▸ Data provided:
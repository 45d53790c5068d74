-- ===== src/Table/Pmt/Streams.antt =====
-- src/table.c: the loop of `parse_pmt` over the streams, on what the standard lays out.
use tsanalyze.Base.{
  ℕ, zero, suc, ◌+◌, ◌-◌, ◌*◌, ◌/◌, ◌%◌, ◌≤◌, ◌<◌, Bool, true, Option, some, ◌>>=◌, List, [], ◌∷◌,
  ◌++◌, map, length, length-append, drop, drop-append_length, Bytes, read16, bit_and, bit_or, ◌<<<◌,
  bind-some, ◌≡◌, refl, ap, ◌∙◌, arith,
}
use mathlib.Core.List.{append_assoc}
use tsanalyze.Base.Bits.{bit_or_fields, bit_and_mask}
use tsanalyze.Descriptor.{Descriptor, parse_descriptors}
use tsanalyze.Pes.Header.{NonPs}
use tsanalyze.Table.Pat.{PatResult, parsed}
use tsanalyze.Table.Pmt.{EsNode, Registries, register_stream, read_stream, streams_from}

-- A stream of the table by the standard, with the bytes of its descriptors and what they stand for.
pub record Stream (D : Type 0) : Type 0 where
  pub type : ℕ
  pub reserved : ℕ
  pub pid : ℕ
  pub reserved1 : ℕ
  pub info : Bytes
  pub descriptors : List (Descriptor D)

module _ {D : Type 0} where
  abbrev pub encode_one : Stream D → Bytes
  encode_one s =
      s.type
      ∷ (s.reserved * 32 + s.pid / 256)
      ∷ (s.pid % 256)
      ∷ (s.reserved1 * 16 + length s.info / 256)
      ∷ (length s.info % 256)
      ∷ s.info

  abbrev pub encode : List (Stream D) → Bytes
  encode [] = []
  encode (s ∷ ss) = encode_one s ++ encode ss

  abbrev pub node_of : Stream D → EsNode D
  node_of s = record {
    stream_type = s.type;
    elementary_pid = s.pid;
    es_info_length = length s.info;
    descriptors = s.descriptors;
  }

  module _ (parse : ℕ → Bytes → ℕ → Option D) where
    pub record IsStream (s : Stream D) : Type 0 where
      pub three_bits : s.reserved < 8
      pub pid_bits : s.pid < 8192
      pub four_bits : s.reserved1 < 16
      pub info_bits : length s.info < 4096
      pub read :
          (rest : Bytes)
          → parse_descriptors parse (s.info ++ rest) (length s.info) ≡ some s.descriptors

    abbrev pub AreStreams : List (Stream D) → Type 0
    AreStreams [] = Unit {0}
    AreStreams (s ∷ ss) = IsStream s × AreStreams ss

    read_stream-encode :
        (s : Stream D) (rest : Bytes)
        → IsStream s
        → read_stream parse (encode_one s ++ rest) ≡ some (node_of s)
    unfolding read_stream read16
    read_stream-encode s rest ok =
        let n = length s.info in
        let pid_field = bit_or ((s.reserved * 32 + s.pid / 256) <<< 8) (s.pid % 256) in
        let len_field = bit_or ((s.reserved1 * 16 + n / 256) <<< 8) (n % 256) in
        let pid_read : bit_and pid_field 0x1FFF ≡ s.pid =
          bit_and_mask 13 pid_field
          ∙ omega (
            arith,
            ok.three_bits,
            ok.pid_bits,
            bit_or_fields 8 (s.reserved * 32 + s.pid / 256) (s.pid % 256) (omega arith),
          ) in
        let len_read : bit_and len_field 0x0FFF ≡ n =
          bit_and_mask 12 len_field
          ∙ omega (
            arith,
            ok.four_bits,
            ok.info_bits,
            bit_or_fields 8 (s.reserved1 * 16 + n / 256) (n % 256) (omega arith),
          ) in
        rw (len_read, pid_read, ok.read rest) refl

    module _ {Priv : Type 0} (new_subtitle new_teletext : Option Priv) (zero_header : NonPs)
        (memory : Bool) where
      -- The streams registered one after the other.
      abbrev pub register_all : List (EsNode D) → Registries Priv → Option (Registries Priv)
      register_all [] r = some r
      register_all (pn ∷ rest) r =
          register_stream new_subtitle new_teletext zero_header memory pn r >>= register_all rest

      streams_from-step :
          (fuel len : ℕ) (pdata : Bytes) (pn : EsNode D) (later : List (EsNode D))
          (r r₁ r' : Registries Priv) (result : PatResult)
          → read_stream parse pdata ≡ some pn
          → register_stream new_subtitle new_teletext zero_header memory pn r ≡ some r₁
          → streams_from new_subtitle new_teletext zero_header memory parse true fuel
              (drop (5 + pn.es_info_length) pdata)
              (suc len - (5 + pn.es_info_length))
              r₁
            ≡ some (result, later, r')
          → streams_from new_subtitle new_teletext zero_header memory parse true
              (suc fuel)
              pdata
              (suc len)
              r
            ≡ some (result, pn ∷ later, r')
      unfolding streams_from
      streams_from-step fuel len pdata pn later r r₁ r' result read registered rest =
          rw (read, registered, rest) refl

      streams_from-zero :
          (pdata : Bytes) (fuel : ℕ) (r : Registries Priv)
          → streams_from new_subtitle new_teletext zero_header memory parse true fuel pdata 0 r
            ≡ some (parsed, [], r)
      unfolding streams_from
      streams_from-zero pdata zero r = refl
      streams_from-zero pdata (suc fuel) r = refl

      -- Over the bytes of streams laid out by the standard, whose descriptors are read back as they
      -- are, and which can be registered one after the other, the loop reads to their end within
      -- its rounds, makes a node of each in order, and has registered them in that order.
      pub streams_from-encode :
          (ss : List (Stream D)) (rest : Bytes) (fuel : ℕ) (r r' : Registries Priv)
          → AreStreams ss
          → length (encode ss) ≤ fuel
          → register_all (map node_of ss) r ≡ some r'
          → streams_from new_subtitle new_teletext zero_header memory parse true fuel
              (encode ss ++ rest)
              (length (encode ss))
              r
            ≡ some (parsed, map node_of ss, r')
      streams_from-encode [] rest fuel r r' ok enough ran =
          streams_from-zero rest fuel r ∙ ap (λ o. o >>= λ k. some (parsed, [], k)) ran
      streams_from-encode (s ∷ ss) rest zero r r' ok enough ran = absurd (omega arith)
      streams_from-encode (s ∷ ss) rest (suc fuel) r r' ok enough ran =
          let (r₁, registered, ran') =
            bind-some (register_stream new_subtitle new_teletext zero_header memory (node_of s) r) _
              ran in
          let one = encode_one s in
          let n = length s.info in
          let len = length s.info + 4 + length (encode ss) in
          let whole : length (encode (s ∷ ss)) ≡ suc len =
            omega (arith, length-append one (encode ss)) in
          let left : suc len - (5 + n) ≡ length (encode ss) = omega arith in
          let same : 5 + n ≡ length one = omega arith in
          let behind : drop (5 + n) (one ++ (encode ss ++ rest)) ≡ encode ss ++ rest =
            ap (λ k. drop k (one ++ (encode ss ++ rest))) same
            ∙ drop-append_length one (encode ss ++ rest) in
          let loop = streams_from new_subtitle new_teletext zero_header memory parse true in
          ap (λ l. loop (suc fuel) l (length (encode (s ∷ ss))) r)
            (append_assoc one (encode ss) rest)
          ∙ ap (λ k. loop (suc fuel) (one ++ (encode ss ++ rest)) k r) whole
          ∙ streams_from-step fuel len (one ++ (encode ss ++ rest)) (node_of s) (map node_of ss) r
              r₁ r' parsed (read_stream-encode s (encode ss ++ rest) ok.0) registered
              (ap (λ l. loop fuel l (suc len - (5 + n)) r₁) behind
                ∙ ap (λ k. loop fuel (encode ss ++ rest) k r₁) left
                ∙ streams_from-encode ss rest fuel r₁ r' ok.1 (omega (arith, whole)) ran')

▸ What you have to do: Read through the listing and copy each line in which the word "omega" occurs.

▸ Output of the task:
          ∙ omega (
            bit_or_fields 8 (s.reserved * 32 + s.pid / 256) (s.pid % 256) (omega arith),
          ∙ omega (
            bit_or_fields 8 (s.reserved1 * 16 + n / 256) (n % 256) (omega arith),
      streams_from-encode (s ∷ ss) rest zero r r' ok enough ran = absurd (omega arith)
            omega (arith, length-append one (encode ss)) in
          let left : suc len - (5 + n) ≡ length (encode ss) = omega arith in
          let same : 5 + n ≡ length one = omega arith in
                ∙ streams_from-encode ss rest fuel r₁ r' ok.1 (omega (arith, whole)) ran')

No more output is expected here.